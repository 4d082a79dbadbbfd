-- ===== src/Checkout/MachineFile.antt =====
-- checkout/machine_file.py: parsing and verification of machine files, signed by any scheme of a
-- license.
pub mod Algorithm
pub mod Payload
pub mod Sound
pub mod Keyed
pub mod Verifiers
pub mod Contract
pub mod Wire
mod Tests
use tamga_python.Prelude.{
  ◌≡◌, refl, ℕ, Bool, true, false, not, ◌&&◌, ◌||◌, Option, none, some, List, [], ◌∷◌, ◌++◌, map,
  ltb, ◌==◌, any, if◌then◌else◌, length,
}
use tamga_python.Python.Int.{ℤ}
use tamga_python.Python.Str.{Str, Bytes, codes, str_eq, partition, rpartition, has_char}
use tamga_python.Python.Json.{
  Json, null, str, obj, Fields, end, get, get_or, is_truthy, as_dict, index_by,
}
use tamga_python.Python.Exc.{
  Exc, Result, ok, err, ◌>>=◌, ◌>>◌, guard, value_error, invalid_signature, scheme_not_supported,
  signing_key_not_applicable, or_value_error,
}
use tamga_python.Crypto.{
  Cryptography, ed25519_verify, verify_pkcs1v15, verify_pss, verify_p256, derive_machine_file_key,
  aes_gcm_decrypt,
}
use tamga_python.Models.SigningKey.{SigningKey}
use tamga_python.Models.Machine.{
  LicenseScheme, ed25519_sign, rsa_2048_pkcs1_sign, rsa_2048_pkcs1_pss_sign, ecdsa_p256_sign,
  rsa_2048_jwt_rs256, scheme_value, MachineResource, heartbeat_status_from,
}
use tamga_python.Checkout.Runtime.{Runtime}
use tamga_python.Checkout.Envelope.{json_value, parse_certificate_envelope, b64decode_strict}
use tamga_python.Checkout.KeySet.{SigningKeySet, resolve_signing_key}
use tamga_python.Checkout.Claims.{LicenseFileClaims, machine_file, parse_claims, enforce_expiry}
use tamga_python.Checkout.LicenseFile.{encode_ascii, missing_data, readable}

abbrev pub pem_header : Str
pem_header = codes "-----BEGIN MACHINE FILE-----"

abbrev pub pem_footer : Str
pem_footer = codes "-----END MACHINE FILE-----"

abbrev pub enc_prefix_plain : Str
enc_prefix_plain = codes "base64"

abbrev pub enc_prefix_encrypted : Str
enc_prefix_encrypted = codes "aes-256-gcm"

abbrev pub alg_v2_marker : Str
alg_v2_marker = codes "v2"

-- _SCHEME_TO_ALG_SUFFIX
abbrev pub alg_suffix_of : LicenseScheme → Option Str
alg_suffix_of ed25519_sign = some (codes "ed25519")
alg_suffix_of rsa_2048_pkcs1_sign = some (codes "rsa-sha256")
alg_suffix_of rsa_2048_pkcs1_pss_sign = some (codes "rsa-pss-sha256")
alg_suffix_of ecdsa_p256_sign = some (codes "ecdsa-p256")
alg_suffix_of rsa_2048_jwt_rs256 = none

abbrev pub enc_prefixes : List Str
enc_prefixes = enc_prefix_plain ∷ enc_prefix_encrypted ∷ []

abbrev pub signing_suffixes : List Str
signing_suffixes =
    codes "ed25519" ∷ codes "rsa-sha256" ∷ codes "rsa-pss-sha256" ∷ codes "ecdsa-p256" ∷ []

-- f"{prefix}+{suffix}+v2"
abbrev pub algorithm : Str → Str → Str
algorithm prefix suffix = prefix ++ (b'+' ∷ suffix ++ (b'+' ∷ alg_v2_marker))

abbrev pub valid_algorithms : List Str
valid_algorithms =
    map (algorithm enc_prefix_plain) signing_suffixes
    ++ map (algorithm enc_prefix_encrypted) signing_suffixes

-- the encoding prefix and the signing suffix of an `alg`
pub validate_alg : Str → Result (Str × Str)
unfolding partition rpartition str_eq
validate_alg alg = do
  let first = partition b'+' alg
  let last = rpartition b'+' first.after
  guard (first.found && last.found && str_eq last.after alg_v2_marker) value_error
  guard (any (str_eq alg) valid_algorithms) value_error
  ok (first.before, last.before)

pub record MachineFile : Type 0 where
  pub enc : Str
  pub sig : Bytes
  pub alg : Str

pub record VerifiedMachineFile : Type 0 where
  pub machine : MachineResource
  pub claims : LicenseFileClaims
  pub key : SigningKey

-- MachineFile.parse
pub parse : Runtime → Str → Result MachineFile
unfolding validate_alg
parse rt certificate = do
  envelope ← parse_certificate_envelope rt.json_loads certificate pem_header pem_footer
  parts ← validate_alg envelope.alg
  ok (record { enc = envelope.enc; sig = envelope.sig; alg = envelope.alg })

-- _VERIFIERS
abbrev pub verifier_of : Cryptography → LicenseScheme → Option (Bytes → Bytes → Bytes → Result Bool)
verifier_of c ed25519_sign = some (ed25519_verify c)
verifier_of c rsa_2048_pkcs1_sign = some (verify_pkcs1v15 c)
verifier_of c rsa_2048_pkcs1_pss_sign = some (verify_pss c)
verifier_of c ecdsa_p256_sign = some (verify_p256 c)
verifier_of c rsa_2048_jwt_rs256 = none

abbrev pub is_rejected : LicenseScheme → Bool
is_rejected rsa_2048_jwt_rs256 = true
is_rejected _ = false

-- `_decrypt`, with both of its optional arguments given
unfoldable pub open_payload : Runtime → Str → Str → Str → Result Bytes
unfolding partition has_char
open_payload rt enc license_key fingerprint = do
  let parts = partition b'.' enc
  guard (parts.found && not (has_char b'.' parts.after)) value_error
  nonce ← b64decode_strict parts.before
  ciphertext_and_tag ← b64decode_strict parts.after
  guard (length nonce == 12) value_error
  guard (not (ltb (length ciphertext_and_tag) 16)) value_error
  key ← derive_machine_file_key rt.cryptography license_key fingerprint
  aes_gcm_decrypt rt.cryptography key nonce ciphertext_and_tag

unfoldable pub decrypt : Runtime → Str → Option Str → Option Str → Result Bytes
unfolding open_payload
decrypt rt enc (some license_key) (some fingerprint) = open_payload rt enc license_key fingerprint
decrypt rt enc _ _ = err value_error

pub decode_payload : Runtime → MachineFile → Str → Option Str → Option Str → Result Bytes
unfolding decrypt str_eq
decode_payload rt file enc_prefix license_key fingerprint =
    if str_eq enc_prefix enc_prefix_encrypted
    then decrypt rt file.enc license_key fingerprint
    else b64decode_strict file.enc

-- data.get("attributes"), an empty object for None
unfoldable pub attributes_of : Option Json → Result Fields
attributes_of none = ok end
attributes_of (some null) = ok end
attributes_of (some v) = or_value_error (as_dict v)

-- attributes.get("metadata", {}) or {}
or_empty_object : Json → Json
unfolding is_truthy
or_empty_object v = if is_truthy v then v else obj end

unfoldable pub machine_from : Json → Fields → MachineResource
unfolding or_empty_object get_or heartbeat_status_from
machine_from id attributes = record {
  id = id;
  fingerprint = get_or attributes (codes "fingerprint") (str []);
  name = get_or attributes (codes "name") null;
  ip = get_or attributes (codes "ip") null;
  hostname = get_or attributes (codes "hostname") null;
  platform = get_or attributes (codes "platform") null;
  cores = get_or attributes (codes "cores") null;
  memory = get_or attributes (codes "memory") null;
  disk = get_or attributes (codes "disk") null;
  metadata = or_empty_object (get_or attributes (codes "metadata") (obj end));
  heartbeat_status =
      heartbeat_status_from
        (get_or attributes (codes "heartbeat_status") (str (codes "NOT_STARTED")));
}

-- what `_verify` does with the decrypted payload
pub interpret : Runtime → Bytes → Option ℤ → Result (MachineResource × LicenseFileClaims)
unfolding machine_from or_value_error as_dict get
interpret rt plaintext now = do
  parsed ← json_value (rt.json_loads plaintext)
  data_member ← missing_data (index_by parsed (codes "data"))
  fields ← or_value_error (as_dict data_member)
  claims ← parse_claims rt.repr parsed
  enforce_expiry machine_file claims now rt.clock
  id ← or_value_error (get fields (codes "id"))
  attributes ← attributes_of (get fields (codes "attributes"))
  ok (machine_from id attributes, claims)

-- the rest of `_verify`, under the verifier and the suffix that belong to the scheme
pub verify_as :
    Runtime
    → MachineFile
    → (Bytes → Bytes → Bytes → Result Bool)
    → Str
    → Bytes
    → Option Str
    → Option Str
    → Option ℤ
    → Result (MachineResource × LicenseFileClaims)
unfolding encode_ascii str_eq
verify_as rt file verifier suffix public_key license_key fingerprint now = do
  (enc_prefix, alg_suffix) ← validate_alg file.alg
  guard (str_eq alg_suffix suffix) value_error
  message_bytes ← encode_ascii file.enc
  verified ← verifier public_key message_bytes file.sig
  guard verified invalid_signature
  plaintext ← decode_payload rt file enc_prefix license_key fingerprint
  interpret rt plaintext now

-- MachineFile._verify, which `verify_with_claims` returns whole. Each scheme with a verifier has a
-- suffix.
pub verify_with_claims :
    Runtime
    → MachineFile
    → Bytes
    → LicenseScheme
    → Option Str
    → Option Str
    → Option ℤ
    → Result (MachineResource × LicenseFileClaims)
verify_with_claims rt file public_key scheme license_key fingerprint now = do
  guard (not (is_rejected scheme)) scheme_not_supported
  elim (verifier_of rt.cryptography scheme) [
    | none ↦ err scheme_not_supported
    | some verifier ↦ elim (alg_suffix_of scheme) [
      | none ↦ err Exc.key_error
      | some suffix ↦ verify_as rt file verifier suffix public_key license_key fingerprint now
    ]
  ]

-- MachineFile.verify
pub verify :
    Runtime
    → MachineFile
    → Bytes
    → LicenseScheme
    → Option Str
    → Option Str
    → Option ℤ
    → Result MachineResource
verify rt file public_key scheme license_key fingerprint now = do
  (machine, claims) ← verify_with_claims rt file public_key scheme license_key fingerprint now
  ok machine

pub unverified_kid :
    Runtime → MachineFile → Option Str → Option Str → Unit {0} → Result (Option Str)
unfolding readable
unverified_kid rt file license_key fingerprint u = readable (do
  (enc_prefix, alg_suffix) ← validate_alg file.alg
  plaintext ← decode_payload rt file enc_prefix license_key fingerprint
  parsed ← rt.json_loads plaintext
  parse_claims rt.repr parsed)

abbrev pub is_ed25519_scheme : LicenseScheme → Bool
is_ed25519_scheme ed25519_sign = true
is_ed25519_scheme _ = false

-- MachineFile.verify_with_key_set
pub verify_with_key_set :
    Runtime
    → MachineFile
    → SigningKeySet
    → LicenseScheme
    → Option Str
    → Option Str
    → Option ℤ
    → Result VerifiedMachineFile
unfolding encode_ascii
verify_with_key_set rt file key_set scheme license_key fingerprint now = do
  guard (not (is_rejected scheme)) scheme_not_supported
  guard (is_ed25519_scheme scheme) (signing_key_not_applicable (scheme_value scheme))
  message_bytes ← encode_ascii file.enc
  (key, public_key_bytes) ←
      resolve_signing_key rt.sha256 key_set
        (λ public_key. ed25519_verify rt.cryptography public_key message_bytes file.sig)
        (unverified_kid rt file license_key fingerprint)
  (machine, claims) ← verify_with_claims rt file public_key_bytes scheme license_key fingerprint now
  ok (record { machine = machine; claims = claims; key = key })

→ Instructions for the task
In the data above, retype exactly and only the lines between the one holding "pub decode_payload : Runtime" and the one holding "id ← or_value_error", inclusive.

→ Result for this task
pub decode_payload : Runtime → MachineFile → Str → Option Str → Option Str → Result Bytes
unfolding decrypt str_eq
decode_payload rt file enc_prefix license_key fingerprint =
    if str_eq enc_prefix enc_prefix_encrypted
    then decrypt rt file.enc license_key fingerprint
    else b64decode_strict file.enc

-- data.get("attributes"), an empty object for None
unfoldable pub attributes_of : Option Json → Result Fields
attributes_of none = ok end
attributes_of (some null) = ok end
attributes_of (some v) = or_value_error (as_dict v)

-- attributes.get("metadata", {}) or {}
or_empty_object : Json → Json
unfolding is_truthy
or_empty_object v = if is_truthy v then v else obj end

unfoldable pub machine_from : Json → Fields → MachineResource
unfolding or_empty_object get_or heartbeat_status_from
machine_from id attributes = record {
  id = id;
  fingerprint = get_or attributes (codes "fingerprint") (str []);
  name = get_or attributes (codes "name") null;
  ip = get_or attributes (codes "ip") null;
  hostname = get_or attributes (codes "hostname") null;
  platform = get_or attributes (codes "platform") null;
  cores = get_or attributes (codes "cores") null;
  memory = get_or attributes (codes "memory") null;
  disk = get_or attributes (codes "disk") null;
  metadata = or_empty_object (get_or attributes (codes "metadata") (obj end));
  heartbeat_status =
      heartbeat_status_from
        (get_or attributes (codes "heartbeat_status") (str (codes "NOT_STARTED")));
}

-- what `_verify` does with the decrypted payload
pub interpret : Runtime → Bytes → Option ℤ → Result (MachineResource × LicenseFileClaims)
unfolding machine_from or_value_error as_dict get
interpret rt plaintext now = do
  parsed ← json_value (rt.json_loads plaintext)
  data_member ← missing_data (index_by parsed (codes "data"))
  fields ← or_value_error (as_dict data_member)
  claims ← parse_claims rt.repr parsed
  enforce_expiry machine_file claims now rt.clock
  id ← or_value_error (get fields (codes "id"))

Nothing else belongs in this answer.